Пользователь не сможет использовать ваше приложение . Это сознательное решение, принятое вашей бизнес-логикой, а не неудача. На уровне HTTP все честно.

редактировать

Похоже, то, на что мы смотрим, это столкновение старой школы с новой. Когда разрабатывался HTTP, не было веб-сервисов, не было ни SOAP, ни JSON, ни REST-принципов. В качестве протокола выше TCP это уже рассматривалось (близко к) уровню приложения, и были определены многие коды состояния высокого уровня. Когда сеть начала использоваться для более богатых, высокоуровневых сервисов и общих средств транспортировки «конвертов», разработчики предпочитали использовать HTTP вместо определения более нового и более чистого протокола только потому, что HTTP был повсеместным.
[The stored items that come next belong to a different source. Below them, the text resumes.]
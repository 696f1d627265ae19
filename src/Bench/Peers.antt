-- ===== src/Bench/Peers.antt =====
-- The helpers that the trials of the benchmarks share.
pub mod Laws
use project_veil.Prelude.{
  ℕ, zero, suc, ◌+◌, ◌*◌, ◌≡◌, Bool, true, false, not, ◌||◌, ◌&&◌, List, [], ◌∷◌, ◌++◌, Option,
  none, some, Text, Dict, codes, decimal, Error, Result, ok, err, runtime_error, value_error,
  index_error, index, ◌==◌, if◌then◌else◌, or_raise, insert,
}
use project_veil.Exec.Calls.{write_json, read_json, chmod, free_port, read_text, sysconf}
use project_veil.Exec.{Exec, pure, raise, lift, ◌>>=◌, ◌>>◌, check, ask}
use project_veil.Bench.Json.{Json, num, set_inner, get_key}
use project_veil.Bench.Completion.{Stats, number, search_stats}
use project_veil.Bench.Configurations.{Fixture, configurations}
use project_veil.Bench.Perf.{Numbers}

-- The reference server that all trials start.
abbrev pub cover_command : Fixture → ℕ → Text → List Text
cover_command f port suite =
    codes "openssl"
    ∷ codes "s_server"
    ∷ codes "-accept"
    ∷ (codes "127.0.0.1:" ++ decimal port)
    ∷ codes "-cert"
    ∷ f.cert
    ∷ codes "-key"
    ∷ f.key
    ∷ codes "-tls1_3"
    ∷ codes "-ciphersuites"
    ∷ suite
    ∷ codes "-groups"
    ∷ codes "X25519"
    ∷ codes "-www"
    ∷ codes "-alpn"
    ∷ codes "http/1.1"
    ∷ []

abbrev pub aes128 : Text
aes128 = codes "TLS_AES_128_GCM_SHA256"

abbrev pub backend_command : Text → ℕ → List Text
backend_command peer port =
    peer
    ∷ codes "-role"
    ∷ codes "backend"
    ∷ codes "-listen"
    ∷ (codes "127.0.0.1:" ++ decimal port)
    ∷ []

-- `configurations` with its two calls of `save`
unfoldable pub configure : Text → Fixture → Text → ℕ → ℕ → ℕ → Exec (List Text × List Text)
configure root f variant sp cp cover = do
  let c = configurations root f variant sp cp cover
  ask (write_json c.server_file.0 c.server_file.1)
  ask (chmod c.server_file.0 0x180)
  ask (write_json c.client_file.0 c.client_file.1)
  ask (chmod c.client_file.0 0x180)
  pure (c.server_command, c.client_command)

-- `cmd[0] = binary`
abbrev pub with_binary : Text → List Text → List Text
with_binary binary [] = []
with_binary binary (_ ∷ args) = binary ∷ args

-- Reading a document, changing it and writing it back.
unfoldable pub edit_json : Text → (Json → Result Json) → Exec (Unit {0})
edit_json path change = do
  cfg ← ask (read_json path)
  cfg' ← lift (change cfg)
  ask (write_json path cfg')

-- `text.split()`
unfoldable pub is_space : ℕ → Bool
is_space c = c == 32 || c == 10 || c == 9 || c == 13

unfoldable pub fields_loop : Text → Text → List Text
unfolding is_space
fields_loop [] [] = []
fields_loop [] (c ∷ part) = (c ∷ part) ∷ []
fields_loop (c ∷ s) part = elim (is_space c) [
  | true ↦ elim part [ [] ↦ fields_loop s [] | d ∷ ds ↦ (d ∷ ds) ∷ fields_loop s [] ]
  | false ↦ fields_loop s (part ++ c ∷ [])
]

unfoldable pub split_fields : Text → List Text
unfolding fields_loop
split_fields s = fields_loop s []

-- `int(s)` for a text of digits
unfoldable pub int_of : Text → Result ℕ
int_of s = elim (number s) [
  | some (n, []) ↦ ok n
  | some (n, c ∷ rest) ↦ err (value_error (codes "invalid literal for int()"))
  | none ↦ err (value_error (codes "invalid literal for int()"))
]

-- `rss(pid)`
unfoldable pub rss : ℕ → Exec ℕ
unfolding split_fields int_of
rss pid = do
  statm ← ask (read_text (codes "/proc/" ++ (decimal pid ++ codes "/statm")))
  pages ← lift (index (split_fields statm) 1)
  n ← lift (int_of pages)
  size ← ask (sysconf (codes "SC_PAGE_SIZE"))
  pure (n * size)

-- `text.split(") ", 1)[1]`
unfoldable pub behind_paren : Text → Result Text
behind_paren [] = err index_error
behind_paren (c ∷ []) = err index_error
behind_paren (c ∷ d ∷ s) =
    let rest = behind_paren (d ∷ s) in if c == 0x29 && d == 0x20 then ok s else rest

-- `cpu(pid)`
unfoldable pub cpu : Numbers → ℕ → Exec Json
unfolding split_fields int_of behind_paren
cpu nums pid = do
  stat ← ask (read_text (codes "/proc/" ++ (decimal pid ++ codes "/stat")))
  rest ← lift (behind_paren stat)
  user ← lift (index (split_fields rest) 11)
  system ← lift (index (split_fields rest) 12)
  m ← lift (int_of user)
  n ← lift (int_of system)
  ticks ← ask (sysconf (codes "SC_CLK_TCK"))
  lift (nums.divide (num (m + n)) (num ticks))

-- The completion counters in a log file.
unfoldable pub read_stats : Text → Text → Exec Stats
read_stats path message = do
  log ← ask (read_text path)
  lift (or_raise (search_stats log) (runtime_error message))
Таким образом, в контексте современных веб-сервисов HTTP действительно немногим больше, чем тупой транспортный уровень, и большинство его кодов можно считать неприменимыми или устаревшими. Просто выберите один, потому что он приближается к состоянию вашего приложения и находится в этом списке, что когда-то означало, что что-то может показаться безопасным, но я думаю, что это пошло бы неправильно. Вы не хотите, чтобы HTTP играл эту регулирующую роль в контексте веб-службы.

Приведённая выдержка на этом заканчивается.